=== Source data ===

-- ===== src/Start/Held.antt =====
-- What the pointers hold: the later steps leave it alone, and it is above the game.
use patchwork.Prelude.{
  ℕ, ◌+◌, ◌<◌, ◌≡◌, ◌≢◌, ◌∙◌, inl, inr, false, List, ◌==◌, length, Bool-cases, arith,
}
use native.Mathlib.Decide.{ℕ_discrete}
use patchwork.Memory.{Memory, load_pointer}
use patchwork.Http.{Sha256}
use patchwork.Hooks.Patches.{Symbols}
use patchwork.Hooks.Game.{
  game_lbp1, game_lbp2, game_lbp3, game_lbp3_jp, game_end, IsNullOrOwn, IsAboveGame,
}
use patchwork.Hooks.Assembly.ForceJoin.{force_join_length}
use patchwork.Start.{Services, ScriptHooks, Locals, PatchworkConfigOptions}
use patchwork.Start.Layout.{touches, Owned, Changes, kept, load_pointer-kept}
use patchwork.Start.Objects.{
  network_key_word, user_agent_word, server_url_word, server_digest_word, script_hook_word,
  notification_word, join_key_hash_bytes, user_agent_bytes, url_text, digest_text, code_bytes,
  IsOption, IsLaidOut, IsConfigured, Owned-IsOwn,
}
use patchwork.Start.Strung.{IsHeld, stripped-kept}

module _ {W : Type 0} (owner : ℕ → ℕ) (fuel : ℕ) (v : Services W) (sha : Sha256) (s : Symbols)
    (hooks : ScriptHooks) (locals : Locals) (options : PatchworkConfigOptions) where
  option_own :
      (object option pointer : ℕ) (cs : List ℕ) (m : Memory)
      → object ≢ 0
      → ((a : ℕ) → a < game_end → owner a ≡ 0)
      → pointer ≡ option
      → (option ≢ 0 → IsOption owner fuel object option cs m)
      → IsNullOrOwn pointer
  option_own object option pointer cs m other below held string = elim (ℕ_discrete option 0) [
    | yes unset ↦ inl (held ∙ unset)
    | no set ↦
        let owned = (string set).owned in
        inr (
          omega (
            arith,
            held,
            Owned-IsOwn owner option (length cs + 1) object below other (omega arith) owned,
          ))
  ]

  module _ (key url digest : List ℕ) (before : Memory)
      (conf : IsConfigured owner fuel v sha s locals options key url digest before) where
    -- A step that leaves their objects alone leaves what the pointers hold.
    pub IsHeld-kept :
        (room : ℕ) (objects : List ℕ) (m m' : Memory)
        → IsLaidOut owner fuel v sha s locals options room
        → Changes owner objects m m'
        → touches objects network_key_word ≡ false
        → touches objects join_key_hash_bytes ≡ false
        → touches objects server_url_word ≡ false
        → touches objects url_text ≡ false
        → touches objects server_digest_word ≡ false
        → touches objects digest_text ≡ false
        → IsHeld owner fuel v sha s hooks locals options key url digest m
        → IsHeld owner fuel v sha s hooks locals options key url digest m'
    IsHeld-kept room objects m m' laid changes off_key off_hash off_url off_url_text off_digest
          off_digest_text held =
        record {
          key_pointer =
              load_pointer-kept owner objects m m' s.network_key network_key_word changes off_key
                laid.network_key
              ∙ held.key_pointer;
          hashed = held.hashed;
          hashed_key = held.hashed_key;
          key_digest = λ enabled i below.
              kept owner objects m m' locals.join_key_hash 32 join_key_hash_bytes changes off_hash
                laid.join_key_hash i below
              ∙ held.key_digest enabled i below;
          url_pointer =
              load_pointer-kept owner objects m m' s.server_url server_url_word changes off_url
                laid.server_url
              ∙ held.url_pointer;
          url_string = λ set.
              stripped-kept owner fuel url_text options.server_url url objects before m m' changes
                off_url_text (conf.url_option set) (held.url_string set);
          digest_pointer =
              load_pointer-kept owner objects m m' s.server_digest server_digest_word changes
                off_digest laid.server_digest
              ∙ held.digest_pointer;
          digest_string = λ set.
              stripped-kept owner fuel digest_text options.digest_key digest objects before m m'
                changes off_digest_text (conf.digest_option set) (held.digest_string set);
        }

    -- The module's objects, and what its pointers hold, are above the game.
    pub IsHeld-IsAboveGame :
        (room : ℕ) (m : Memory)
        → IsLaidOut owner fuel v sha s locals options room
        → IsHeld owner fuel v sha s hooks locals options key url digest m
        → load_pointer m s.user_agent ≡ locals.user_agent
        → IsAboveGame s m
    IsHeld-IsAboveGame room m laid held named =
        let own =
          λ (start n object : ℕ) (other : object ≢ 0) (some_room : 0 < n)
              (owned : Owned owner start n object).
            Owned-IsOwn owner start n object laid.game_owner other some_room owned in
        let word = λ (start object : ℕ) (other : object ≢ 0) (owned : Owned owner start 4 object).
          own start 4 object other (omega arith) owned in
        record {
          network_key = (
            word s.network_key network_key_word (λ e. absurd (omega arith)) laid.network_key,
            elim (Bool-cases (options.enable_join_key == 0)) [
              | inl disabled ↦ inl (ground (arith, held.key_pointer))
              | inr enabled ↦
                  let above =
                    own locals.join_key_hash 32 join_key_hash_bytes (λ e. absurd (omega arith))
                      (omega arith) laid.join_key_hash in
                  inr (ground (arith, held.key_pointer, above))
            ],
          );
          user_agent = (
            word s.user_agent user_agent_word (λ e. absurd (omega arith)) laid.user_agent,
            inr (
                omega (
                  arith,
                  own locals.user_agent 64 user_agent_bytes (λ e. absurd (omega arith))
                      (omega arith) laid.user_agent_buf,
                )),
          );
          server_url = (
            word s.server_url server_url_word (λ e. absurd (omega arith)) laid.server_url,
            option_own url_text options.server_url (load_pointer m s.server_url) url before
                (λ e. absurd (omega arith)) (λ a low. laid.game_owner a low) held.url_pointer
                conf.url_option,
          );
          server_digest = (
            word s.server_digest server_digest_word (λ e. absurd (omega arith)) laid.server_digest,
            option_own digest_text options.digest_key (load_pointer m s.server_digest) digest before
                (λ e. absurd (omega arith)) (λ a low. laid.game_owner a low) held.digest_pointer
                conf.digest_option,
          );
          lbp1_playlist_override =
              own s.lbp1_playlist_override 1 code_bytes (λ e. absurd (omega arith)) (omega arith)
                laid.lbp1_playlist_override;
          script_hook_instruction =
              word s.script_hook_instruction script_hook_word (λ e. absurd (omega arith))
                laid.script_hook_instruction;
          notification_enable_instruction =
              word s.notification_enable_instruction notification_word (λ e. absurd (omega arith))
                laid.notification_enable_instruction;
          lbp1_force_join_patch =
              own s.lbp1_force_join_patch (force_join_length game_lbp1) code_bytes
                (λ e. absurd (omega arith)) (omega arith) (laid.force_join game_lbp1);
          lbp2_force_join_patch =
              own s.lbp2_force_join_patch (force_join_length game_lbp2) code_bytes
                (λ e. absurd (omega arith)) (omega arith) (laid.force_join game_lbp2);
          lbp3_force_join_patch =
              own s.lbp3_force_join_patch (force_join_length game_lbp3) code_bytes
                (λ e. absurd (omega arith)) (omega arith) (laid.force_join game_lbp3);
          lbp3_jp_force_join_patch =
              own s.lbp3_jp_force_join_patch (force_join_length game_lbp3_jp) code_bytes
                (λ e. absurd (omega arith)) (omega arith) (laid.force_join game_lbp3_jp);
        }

===
=== Source data ===

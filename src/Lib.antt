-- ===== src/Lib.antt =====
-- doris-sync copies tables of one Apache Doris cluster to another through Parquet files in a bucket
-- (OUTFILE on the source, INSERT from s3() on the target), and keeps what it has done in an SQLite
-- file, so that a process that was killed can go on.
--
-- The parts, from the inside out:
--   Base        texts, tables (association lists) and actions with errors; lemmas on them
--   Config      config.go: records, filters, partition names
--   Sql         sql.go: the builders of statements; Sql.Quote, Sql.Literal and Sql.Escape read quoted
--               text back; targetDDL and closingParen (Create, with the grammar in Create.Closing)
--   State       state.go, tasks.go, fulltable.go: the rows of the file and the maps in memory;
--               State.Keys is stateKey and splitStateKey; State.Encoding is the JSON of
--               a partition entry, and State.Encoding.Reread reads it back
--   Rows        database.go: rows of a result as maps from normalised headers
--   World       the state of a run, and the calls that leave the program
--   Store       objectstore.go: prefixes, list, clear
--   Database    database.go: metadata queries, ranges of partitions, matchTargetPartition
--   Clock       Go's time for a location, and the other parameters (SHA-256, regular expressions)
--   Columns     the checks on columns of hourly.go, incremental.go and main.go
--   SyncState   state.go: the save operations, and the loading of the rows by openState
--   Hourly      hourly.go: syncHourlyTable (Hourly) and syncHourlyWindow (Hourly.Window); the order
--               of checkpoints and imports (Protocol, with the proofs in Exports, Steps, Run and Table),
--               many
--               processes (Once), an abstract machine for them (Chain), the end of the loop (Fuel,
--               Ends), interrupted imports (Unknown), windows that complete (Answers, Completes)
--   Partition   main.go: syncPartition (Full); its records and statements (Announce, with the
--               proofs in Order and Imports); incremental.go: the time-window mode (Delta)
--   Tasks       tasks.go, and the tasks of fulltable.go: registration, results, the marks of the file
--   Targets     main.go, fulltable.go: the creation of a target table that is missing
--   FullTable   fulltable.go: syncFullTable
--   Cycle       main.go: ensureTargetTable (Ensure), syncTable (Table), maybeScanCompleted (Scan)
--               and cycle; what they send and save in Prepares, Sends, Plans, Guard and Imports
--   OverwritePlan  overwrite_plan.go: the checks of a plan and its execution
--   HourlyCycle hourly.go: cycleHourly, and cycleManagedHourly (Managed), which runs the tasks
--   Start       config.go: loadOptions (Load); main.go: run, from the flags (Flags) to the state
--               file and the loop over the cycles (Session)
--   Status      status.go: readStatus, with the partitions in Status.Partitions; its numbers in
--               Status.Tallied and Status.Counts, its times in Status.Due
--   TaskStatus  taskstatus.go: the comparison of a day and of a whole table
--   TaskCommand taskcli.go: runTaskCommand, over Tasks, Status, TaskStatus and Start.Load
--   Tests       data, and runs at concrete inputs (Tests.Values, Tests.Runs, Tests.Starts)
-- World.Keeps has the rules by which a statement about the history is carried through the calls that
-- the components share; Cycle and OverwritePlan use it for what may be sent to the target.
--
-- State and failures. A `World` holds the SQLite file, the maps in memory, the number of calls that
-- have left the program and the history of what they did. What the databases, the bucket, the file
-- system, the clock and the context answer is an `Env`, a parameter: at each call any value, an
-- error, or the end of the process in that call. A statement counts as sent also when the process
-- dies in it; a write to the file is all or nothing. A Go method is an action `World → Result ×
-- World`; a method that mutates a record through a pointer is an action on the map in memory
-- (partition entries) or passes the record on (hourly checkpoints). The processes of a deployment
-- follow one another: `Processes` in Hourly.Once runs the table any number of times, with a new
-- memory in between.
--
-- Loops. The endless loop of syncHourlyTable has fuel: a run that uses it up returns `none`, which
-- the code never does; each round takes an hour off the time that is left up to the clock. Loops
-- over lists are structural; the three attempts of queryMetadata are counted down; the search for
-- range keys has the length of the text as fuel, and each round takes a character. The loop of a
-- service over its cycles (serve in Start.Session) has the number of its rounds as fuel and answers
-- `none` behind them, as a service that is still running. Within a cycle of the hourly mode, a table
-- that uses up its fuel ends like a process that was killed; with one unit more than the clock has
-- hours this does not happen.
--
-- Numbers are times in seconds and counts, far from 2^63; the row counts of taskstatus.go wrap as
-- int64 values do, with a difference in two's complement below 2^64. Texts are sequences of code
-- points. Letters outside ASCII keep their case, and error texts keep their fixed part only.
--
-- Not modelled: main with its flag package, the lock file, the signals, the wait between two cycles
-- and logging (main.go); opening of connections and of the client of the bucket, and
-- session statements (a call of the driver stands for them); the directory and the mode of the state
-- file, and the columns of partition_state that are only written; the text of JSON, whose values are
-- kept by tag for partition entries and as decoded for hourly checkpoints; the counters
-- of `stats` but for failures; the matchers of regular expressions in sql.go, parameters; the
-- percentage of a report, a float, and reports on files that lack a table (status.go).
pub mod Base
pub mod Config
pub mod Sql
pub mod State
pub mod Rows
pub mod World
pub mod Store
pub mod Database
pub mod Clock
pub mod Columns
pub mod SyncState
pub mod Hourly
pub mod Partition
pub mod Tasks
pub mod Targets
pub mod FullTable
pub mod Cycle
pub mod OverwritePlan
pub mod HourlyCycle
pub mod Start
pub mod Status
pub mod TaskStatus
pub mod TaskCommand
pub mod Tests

===
=== Source data ===

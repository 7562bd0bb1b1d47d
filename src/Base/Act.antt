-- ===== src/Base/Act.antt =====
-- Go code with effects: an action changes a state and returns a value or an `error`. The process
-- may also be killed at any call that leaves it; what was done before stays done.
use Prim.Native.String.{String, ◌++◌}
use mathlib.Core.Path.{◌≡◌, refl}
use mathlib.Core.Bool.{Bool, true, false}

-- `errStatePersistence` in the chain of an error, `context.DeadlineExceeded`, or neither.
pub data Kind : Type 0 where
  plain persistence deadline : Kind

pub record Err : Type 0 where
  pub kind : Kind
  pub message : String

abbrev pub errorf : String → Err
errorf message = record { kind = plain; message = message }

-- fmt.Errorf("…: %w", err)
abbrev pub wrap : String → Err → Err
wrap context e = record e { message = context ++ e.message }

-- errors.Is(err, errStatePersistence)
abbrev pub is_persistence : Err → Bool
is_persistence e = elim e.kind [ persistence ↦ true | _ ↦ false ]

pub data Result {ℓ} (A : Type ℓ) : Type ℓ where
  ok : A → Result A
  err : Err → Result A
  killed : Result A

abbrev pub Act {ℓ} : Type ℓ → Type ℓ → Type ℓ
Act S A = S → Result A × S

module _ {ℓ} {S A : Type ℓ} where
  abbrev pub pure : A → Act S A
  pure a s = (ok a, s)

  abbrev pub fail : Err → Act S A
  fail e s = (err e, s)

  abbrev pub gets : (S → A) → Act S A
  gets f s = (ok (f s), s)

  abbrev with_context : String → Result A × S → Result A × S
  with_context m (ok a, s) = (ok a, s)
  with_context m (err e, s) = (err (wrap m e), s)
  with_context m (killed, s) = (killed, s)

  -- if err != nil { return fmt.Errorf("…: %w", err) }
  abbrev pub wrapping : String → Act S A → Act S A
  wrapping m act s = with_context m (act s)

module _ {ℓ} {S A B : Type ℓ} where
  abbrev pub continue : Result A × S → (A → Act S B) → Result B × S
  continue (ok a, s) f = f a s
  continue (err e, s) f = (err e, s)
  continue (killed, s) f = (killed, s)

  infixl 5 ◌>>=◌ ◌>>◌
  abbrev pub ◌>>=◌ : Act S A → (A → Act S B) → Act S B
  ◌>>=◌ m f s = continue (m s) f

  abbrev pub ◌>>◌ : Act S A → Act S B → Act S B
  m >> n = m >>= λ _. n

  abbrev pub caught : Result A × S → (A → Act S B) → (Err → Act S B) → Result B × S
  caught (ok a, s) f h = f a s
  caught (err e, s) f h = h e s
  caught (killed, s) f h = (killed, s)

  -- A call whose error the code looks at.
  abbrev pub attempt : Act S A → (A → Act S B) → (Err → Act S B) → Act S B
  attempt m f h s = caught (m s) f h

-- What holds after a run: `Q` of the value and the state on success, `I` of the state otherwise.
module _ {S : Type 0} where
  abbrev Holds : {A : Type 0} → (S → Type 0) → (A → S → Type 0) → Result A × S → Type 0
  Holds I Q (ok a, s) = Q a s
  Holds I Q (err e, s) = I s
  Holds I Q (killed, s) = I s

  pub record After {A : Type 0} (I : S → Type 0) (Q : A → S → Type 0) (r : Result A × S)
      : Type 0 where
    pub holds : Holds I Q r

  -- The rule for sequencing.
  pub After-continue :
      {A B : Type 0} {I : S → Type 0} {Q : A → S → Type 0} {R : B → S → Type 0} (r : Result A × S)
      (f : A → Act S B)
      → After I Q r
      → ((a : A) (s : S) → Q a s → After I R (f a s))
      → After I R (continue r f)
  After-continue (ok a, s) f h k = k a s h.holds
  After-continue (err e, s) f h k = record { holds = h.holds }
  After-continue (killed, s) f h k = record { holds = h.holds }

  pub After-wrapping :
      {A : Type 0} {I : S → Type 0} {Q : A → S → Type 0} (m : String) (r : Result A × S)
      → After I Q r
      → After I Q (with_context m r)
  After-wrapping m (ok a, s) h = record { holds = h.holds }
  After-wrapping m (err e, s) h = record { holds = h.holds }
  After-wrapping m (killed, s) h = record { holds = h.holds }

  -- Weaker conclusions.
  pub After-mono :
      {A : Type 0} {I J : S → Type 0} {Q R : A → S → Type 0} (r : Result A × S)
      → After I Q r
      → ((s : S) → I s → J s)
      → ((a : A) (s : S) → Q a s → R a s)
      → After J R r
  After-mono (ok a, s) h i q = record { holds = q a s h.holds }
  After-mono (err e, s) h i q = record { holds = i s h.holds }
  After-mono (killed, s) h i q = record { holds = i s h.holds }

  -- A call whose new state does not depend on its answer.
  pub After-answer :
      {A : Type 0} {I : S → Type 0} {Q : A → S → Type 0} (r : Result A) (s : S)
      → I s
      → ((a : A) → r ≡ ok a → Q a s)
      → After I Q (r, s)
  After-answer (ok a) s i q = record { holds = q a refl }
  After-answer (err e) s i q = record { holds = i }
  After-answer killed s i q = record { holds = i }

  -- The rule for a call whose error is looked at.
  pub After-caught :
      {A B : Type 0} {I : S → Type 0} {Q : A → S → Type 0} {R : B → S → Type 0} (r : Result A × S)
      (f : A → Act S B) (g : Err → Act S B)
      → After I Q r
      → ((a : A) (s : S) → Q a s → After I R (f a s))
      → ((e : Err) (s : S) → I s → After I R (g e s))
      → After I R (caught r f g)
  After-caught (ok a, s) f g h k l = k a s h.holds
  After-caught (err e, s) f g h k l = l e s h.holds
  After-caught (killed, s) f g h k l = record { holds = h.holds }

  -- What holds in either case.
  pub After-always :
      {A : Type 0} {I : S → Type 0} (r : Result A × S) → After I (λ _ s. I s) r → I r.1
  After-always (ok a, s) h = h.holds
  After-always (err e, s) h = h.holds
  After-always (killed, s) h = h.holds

===

About this task:
A line belongs in the answer if it contains the word "entries"; copy every such line from the data above.

Finished exercise:
-- (partition entries) or passes the record on (hourly checkpoints). The processes of a deployment
-- kept by tag for partition entries and as decoded for hourly checkpoints; the counters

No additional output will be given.